I've been trying for the last couple days to figure out why my 1990 E250 Van (Granville camper conversion) is refusing to start after its winter break. Among the zillion things I've been doing with it, I
decided to pull the ECU. Inside I found the following.
http://www.dsmlink.com/personal/van/ecu/caps1-1.jpg
http://www.dsmlink.com/personal/van/ecu/caps1-2.jpg
http://www.dsmlink.com/personal/van/ecu/caps2-1.jpg
I own a business doing ECU modifications for a completely different platform (DSMs), so I'm intimately familiar with this problems (DSM ECU are notorious for caps leakage issues).

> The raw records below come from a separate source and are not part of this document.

-- ===== src/Report/Columns.antt =====
-- The three report structs: their fields with the tags that reflection reads off them.
use go_http_benchmark.Prelude.{
  ℕ, Bool, true, false, List, [], ◌∷◌, Option, none, some, Bytes, codes,
}
use Prim.Native.String.{String}

-- The Go types of the fields.
pub data GoType : Type 0 where
  text int uint float bool bytes : GoType

-- The tag `fmt`; `plain` stands for none, and `hidden_fmt` for "-".
pub data Format : Type 0 where
  plain client mem duration cpu hidden_fmt : Format

-- A field: its type and its tags. `summary` is empty where there is no such tag.
pub record Column : Type 0 where
  pub go_type : GoType
  pub md : Bytes
  pub fmt : Format
  pub tpn : Bool
  pub summary : Bytes
  pub rank : Option ℕ

abbrev column : GoType → String → Format → Bool → String → Option ℕ → Column
column t md fmt tpn summary rank = record {
  go_type = t;
  md = codes md;
  fmt = fmt;
  tpn = tpn;
  summary = codes summary;
  rank = rank;
}

-- The fields of the struct, in the order of their declaration.
abbrev pub bench_rate_columns : List Column
bench_rate_columns =
    column text "Framework" plain false "" none
    ∷ column text "Lang" plain false "" none
    ∷ column text "Client" client false "Client" none
    ∷ column int "Duration" duration false "Rate Duration" none
    ∷ column int "TPS" plain false "" (some 1)
    ∷ column float "CPU EER" plain false "" (some 2)
    ∷ column float "MEM EER" plain false "" (some 3)
    ∷ column int "Req Sent" plain false "" none
    ∷ column int "Bytes Sent" mem false "" none
    ∷ column int "Resp Recv" plain false "" none
    ∷ column int "Bytes Recv" mem false "" none
    ∷ column int "Conns" plain false "Conns" none
    ∷ column int "Concurrency" plain false "Rate Concurrency" none
    ∷ column int "SendRate" plain false "Rate SendRate" none
    ∷ column int "Pipeline" plain false "Rate Pipeline" none
    ∷ column int "Payload" plain false "Payload" none
    ∷ column bool "Pprof" plain false "Rate Pprof" none
    ∷ column float "-" cpu false "" none
    ∷ column float "CPU Avg" cpu false "" none
    ∷ column float "CPU Max" cpu false "" none
    ∷ column uint "-" mem false "" none
    ∷ column uint "MEM Avg" mem false "" none
    ∷ column uint "MEM Max" mem false "" none
    ∷ column bool "-" hidden_fmt false "" none
    ∷ column bytes "-" hidden_fmt false "" none
    ∷ column bytes "-" hidden_fmt false "" none
    ∷ []

-- The fields of the struct, in the order of their declaration.
abbrev pub bench_echo_columns : List Column
bench_echo_columns =
    column text "Framework" plain false "" none
    ∷ column text "Lang" plain false "" none
    ∷ column text "Client" client false "Client" none
    ∷ column int "TPS" plain false "" (some 1)
    ∷ column float "CPU EER" plain false "" (some 2)
    ∷ column float "MEM EER" plain false "" (some 3)
    ∷ column int "Min" duration true "" none
    ∷ column int "Avg" duration true "" none
    ∷ column int "Max" duration true "" none
    ∷ column int "-" duration true "" none
    ∷ column int "-" duration true "" none
    ∷ column int "-" duration true "" none
    ∷ column int "TP95" duration true "" none
    ∷ column int "TP99" duration true "" none
    ∷ column int "Used" duration false "" none
    ∷ column int "Total" plain false "Echo Total" none
    ∷ column int "Success" plain false "" none
    ∷ column int "Failed" plain false "" none
    ∷ column int "Conns" plain false "Conns" none
    ∷ column int "Concurrency" plain false "Echo Concurrency" none
    ∷ column int "Payload" plain false "Payload" none
    ∷ column bool "Pprof" plain false "Echo Pprof" none
    ∷ column float "-" cpu false "" none
    ∷ column float "CPU Avg" cpu false "" none
    ∷ column float "CPU Max" cpu false "" none
    ∷ column uint "-" mem false "" none
    ∷ column uint "MEM Avg" mem false "" none
    ∷ column uint "MEM Max" mem false "" none
    ∷ column bytes "-" hidden_fmt false "" none
    ∷ column bytes "-" hidden_fmt false "" none
    ∷ []

-- The fields of the struct, in the order of their declaration.
abbrev pub connections_columns : List Column
connections_columns =
    column text "Framework" plain false "" none
    ∷ column text "Lang" plain false "" none
    ∷ column text "Client" client false "Client" none
    ∷ column int "TPS" plain false "" (some 1)
    ∷ column int "Min" duration true "" none
    ∷ column int "Avg" duration true "" none
    ∷ column int "Max" duration true "" none
    ∷ column int "-" duration true "" none
    ∷ column int "-" duration true "" none
    ∷ column int "-" duration true "" none
    ∷ column int "TP95" duration true "" none
    ∷ column int "TP99" duration true "" none
    ∷ column int "Used" duration false "" none
    ∷ column int "Total" plain false "" none
    ∷ column int "Success" plain false "" none
    ∷ column int "Failed" plain false "" none
    ∷ column int "Concurrency" plain false "Dial Concurrency" none
    ∷ []

pub data Kind : Type 0 where
  connections bench_echo bench_rate : Kind

abbrev pub columns : Kind → List Column
columns connections = connections_columns
columns bench_echo = bench_echo_columns
columns bench_rate = bench_rate_columns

I don't know that this is definitely my no-start problem, but I do know that if left unchecked, this would most certainly lead to a dead or at the very least a malfunctioning ECU. And probably while I'm out camping somewhere at the most inconvenient time.
Anyway, I'm curious if you guys have noticed this problem before? I searched around, but didn't see any specific mention of Ford ECUs dying early deaths. It might be something you'll want to keep an eye on or even pop that case and take a look at to see if you can catch the problem before it develops into something bigger.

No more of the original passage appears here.